• **GIVEN RECORDS**
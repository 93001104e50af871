-- ===== src/Runs/Preflight.antt =====
-- The checks of RunService (application/run_service.py) before a submission: `preflight` and
-- `_revalidate_snapshot`, with what they ask of plans, entitlements, inputs and secrets.
use workspace.Base.{
  pos, ltb_ℤ, ◌==◌, Bool, true, not, Option, none, some, List, [], ◌∷◌, ◌++◌, map, filter, any,
  Text, text_eq, strip, or_else, is_empty, if◌then◌else◌, Result, ok, ◌>>=◌, ◌>>◌, pure, raise,
  reads, gets, raise_if,
}
use workspace.Domain.Errors.{ObjectId, DomainError, Problem, Kind, by_id, object_not_found}
use workspace.Domain.Capabilities.{Capability}
use workspace.Domain.Compute.{
  ComputePlan, ComputeRequest, ResourceEntitlement, is_expired, new_compute_request,
  default_request, check_request_against_plan,
}
use workspace.Domain.Models.{
  Workspace, Project, ProjectVersion, EnvironmentVersion, RunConfiguration, InputBinding, Artifact,
  artifact_is_available,
}
use workspace.Domain.Secrets.{ResolvedEnv, resolve_env}
use workspace.Domain.Snapshot.{RunSnapshot}
use workspace.Store.{Env, World, Op, now, or_missing}
use workspace.Store.Members.{workspace_get}
use workspace.Store.Projects.{
  version_get, version_latest, environment_version_get, plan_get, configuration_get,
}
use workspace.Store.Runs.{count_unfinished_for_plan, entitlement_get_for_plan, artifact_get}
use workspace.Access.{guard_project}

-- What a caller asks for.
pub record RunDraft : Type 0 where
  pub run_configuration_id : ObjectId
  pub project_version_id : Option ObjectId
  pub name : Text
  pub command_override : Text
  pub working_directory_override : Text
  pub compute_request_override : Option ComputeRequest

pub record PreflightResult : Type 0 where
  pub problems : List Problem
  pub project_version : Option ProjectVersion
  pub environment_version : Option EnvironmentVersion
  pub compute_plan : Option ComputePlan
  pub compute_request : Option ComputeRequest
  pub resolved_env : ResolvedEnv

-- `SecretVault.list_names`
unfoldable pub secret_names : ObjectId → World → List Text
secret_names ws w = map (λ r. r.name) (filter (λ r. r.workspace_id == ws) w.secrets)

unfoldable pub variable_items : ObjectId → World → List (Text × Text)
variable_items ws w = map (λ r. (r.name, r.value)) (filter (λ r. r.workspace_id == ws) w.variables)

-- `_check_concurrency`
unfoldable pub check_concurrency : ObjectId → ResourceEntitlement → World → List Problem
check_concurrency ws e w =
    let active = count_unfinished_for_plan ws e.compute_plan_id w in
    if ltb_ℤ (pos active) e.max_concurrent_runs
    then []
    else Problem.concurrency_reached active e.max_concurrent_runs ∷ []

check_input : ObjectId → InputBinding → Option Artifact → List Problem
check_input ws b none = Problem.input_missing b.access_path ∷ []
check_input ws b (some a) =
    if not (a.workspace_id == ws)
    then Problem.input_missing b.access_path ∷ []
    else if not (artifact_is_available a)
    then Problem.input_cleaned b.access_path ∷ []
    else []

-- `_check_inputs`, and the last loop of `_revalidate_snapshot`
unfoldable pub check_inputs : ObjectId → World → List InputBinding → List Problem
unfolding check_input
check_inputs ws w [] = []
check_inputs ws w (b ∷ bs) = check_input ws b (artifact_get b.source_id w) ++ check_inputs ws w bs

-- `_resolve_project_version`
unfoldable pub version_of : ObjectId → ObjectId → Option ProjectVersion → Op (Option ProjectVersion)
version_of project i none = raise (object_not_found Kind.project_version (by_id i))
version_of project i (some v) =
    if v.project_id == project
    then pure (some v)
    else raise (object_not_found Kind.project_version (by_id i))

unfoldable pub resolve_project_version : ObjectId → Option ObjectId → Op (Option ProjectVersion)
unfolding version_of
resolve_project_version project none = gets (version_latest project)
resolve_project_version project (some i) = do
  found ← gets (version_get i)
  version_of project i found

-- `a or b` on identifiers
abbrev pub or_id : Option ObjectId → Option ObjectId → Option ObjectId
or_id none b = b
or_id (some i) b = some i

default_environment : Option Workspace → Option ObjectId
default_environment none = none
default_environment (some x) = x.default_environment_version_id

environment_of : Option EnvironmentVersion → Option EnvironmentVersion × List Problem
environment_of none = (none, Problem.environment_missing ∷ [])
environment_of (some v) =
    if v.available then (some v, []) else (none, Problem.environment_unavailable ∷ [])

candidate_environment : Option ObjectId → World → Option EnvironmentVersion × List Problem
unfolding environment_of
candidate_environment none w = (none, Problem.no_environment ∷ [])
candidate_environment (some i) w = environment_of (environment_version_get i w)

-- `_resolve_environment_version`: of the configuration, else the project, else the workspace.
unfoldable pub resolve_environment_version :
    Project → RunConfiguration → World → Option EnvironmentVersion × List Problem
unfolding candidate_environment default_environment
resolve_environment_version project configuration w =
    candidate_environment
      (or_id configuration.environment_version_id (
        or_id project.environment_version_id
          (default_environment (workspace_get project.workspace_id w))))
      w

-- `_resolve_compute_request`; an override is validated where it is constructed.
unfoldable pub resolve_compute_request :
    ComputePlan → RunConfiguration → RunDraft → Result DomainError ComputeRequest
resolve_compute_request plan configuration draft = elim draft.compute_request_override [
  | some r ↦ new_compute_request r
  | none ↦ elim configuration.compute_request [ some r ↦ ok r | none ↦ default_request plan ]
]

module _ (env : Env) where
  unfoldable pub entitlement_problems :
      ObjectId → Problem → Option ResourceEntitlement → Op (List Problem)
  unfolding check_concurrency
  entitlement_problems ws missing none = pure (missing ∷ [])
  entitlement_problems ws missing (some e) = do
    at ← now env
    if is_expired e (env.isoformat at)
        then pure (Problem.entitlement_expired ∷ [])
        else gets (check_concurrency ws e)

  -- What both checks ask of the entitlement for a plan.
  unfoldable pub check_entitlement : ObjectId → ObjectId → Problem → Op (List Problem)
  unfolding entitlement_problems
  check_entitlement ws plan missing = do
    e ← gets (entitlement_get_for_plan ws plan)
    entitlement_problems ws missing e

  unfoldable pub plan_problems :
      ObjectId
      → RunConfiguration
      → RunDraft
      → Option ComputePlan
      → Op (Option ComputeRequest × List Problem)
  unfolding check_entitlement
  plan_problems ws configuration draft none = pure (none, Problem.plan_missing ∷ [])
  plan_problems ws configuration draft (some plan) = do
    problems ← check_entitlement ws plan.id Problem.no_entitlement
    request ← reads (λ _. resolve_compute_request plan configuration draft)
    pure (some request, problems ++ check_request_against_plan plan request)

-- `configuration is None or configuration.project_id != project_id`
abbrev pub not_of_project : ObjectId → Option RunConfiguration → Bool
not_of_project project none = true
not_of_project project (some c) = not (c.project_id == project)

-- The configuration that a draft names, of this project.
unfoldable pub configuration_of : ObjectId → RunDraft → Op RunConfiguration
configuration_of project draft = do
  found ← gets (configuration_get draft.run_configuration_id)
  raise_if (not_of_project project found)
      (object_not_found Kind.run_configuration (by_id draft.run_configuration_id))
  or_missing Kind.run_configuration (by_id draft.run_configuration_id) found

-- `(draft.command_override or configuration.command).strip()`
abbrev pub command_of : RunConfiguration → RunDraft → Text
command_of configuration draft = strip (or_else draft.command_override configuration.command)

abbrev pub version_problems : Option ProjectVersion → List Problem
version_problems none = Problem.no_version ∷ []
version_problems (some _) = []

abbrev pub command_problems : Text → List Problem
command_problems command = if is_empty command then Problem.empty_command ∷ [] else []

pub source_version_problems : Option ProjectVersion → List Problem
source_version_problems none = Problem.source_version_missing ∷ []
source_version_problems (some _) = []

pub source_environment_problems : Option EnvironmentVersion → List Problem
source_environment_problems none = Problem.source_environment_missing ∷ []
source_environment_problems (some v) =
    if v.available then [] else Problem.environment_unavailable ∷ []

pub secret_problems : List Text → List (Text × Text) → List Problem
secret_problems names [] = []
secret_problems names ((name, target) ∷ refs) =
    let rest = secret_problems names refs in
    if any (text_eq target) names then rest else Problem.secret_missing name target ∷ rest

module _ (env : Env) where
  unfoldable pub preflight : ObjectId → ObjectId → RunDraft → Op PreflightResult
  unfolding plan_problems variable_items
  preflight user project draft = do
    access ← reads (guard_project user project (some Capability.run_submit))
    configuration ← configuration_of project draft
    version ← resolve_project_version project draft.project_version_id
    environment ← gets (resolve_environment_version access.project configuration)
    plan ← gets (plan_get configuration.compute_plan_id)
    request ← plan_problems env access.space.id configuration draft plan
    variables ← gets (variable_items access.space.id)
    names ← gets (secret_names access.space.id)
    let resolution = resolve_env variables names configuration.environment_variables
    inputs ← gets (λ w. check_inputs access.space.id w configuration.input_bindings)
    pure (record {
      problems =
          version_problems version
          ++ (environment.1
              ++ (request.1
                  ++ (command_problems (command_of configuration draft)
                      ++ (resolution.1 ++ inputs))));
      project_version = version;
      environment_version = environment.0;
      compute_plan = plan;
      compute_request = request.0;
      resolved_env = resolution.0;
    })

  unfoldable pub source_plan_problems :
      ObjectId → ComputeRequest → Option ComputePlan → Op (List Problem)
  unfolding check_entitlement
  source_plan_problems ws request none = pure (Problem.source_plan_missing ∷ [])
  source_plan_problems ws request (some plan) = do
    problems ← check_entitlement env ws plan.id Problem.source_entitlement_missing
    pure (problems ++ check_request_against_plan plan request)

  -- `_revalidate_snapshot`
  unfoldable pub revalidate_snapshot : RunSnapshot → ObjectId → Op (List Problem)
  unfolding source_version_problems source_environment_problems source_plan_problems secret_problems
  revalidate_snapshot s ws = do
    version ← gets (version_get s.project_version_id)
    environment ← gets (environment_version_get s.environment_version_id)
    plan ← gets (plan_get s.compute_plan_id)
    plan_side ← source_plan_problems ws s.compute_request plan
    names ← gets (secret_names ws)
    inputs ← gets (λ w. check_inputs ws w s.input_bindings)
    pure (
        source_version_problems version
        ++ (source_environment_problems environment
            ++ (plan_side ++ (secret_problems names s.env_secret_refs ++ inputs))))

• **TASK GOAL**
All lines above containing the string "checks" are to be collected.

• **YOUR RESPONSE**
-- The checks of RunService (application/run_service.py) before a submission: `preflight` and
  -- What both checks ask of the entitlement for a plan.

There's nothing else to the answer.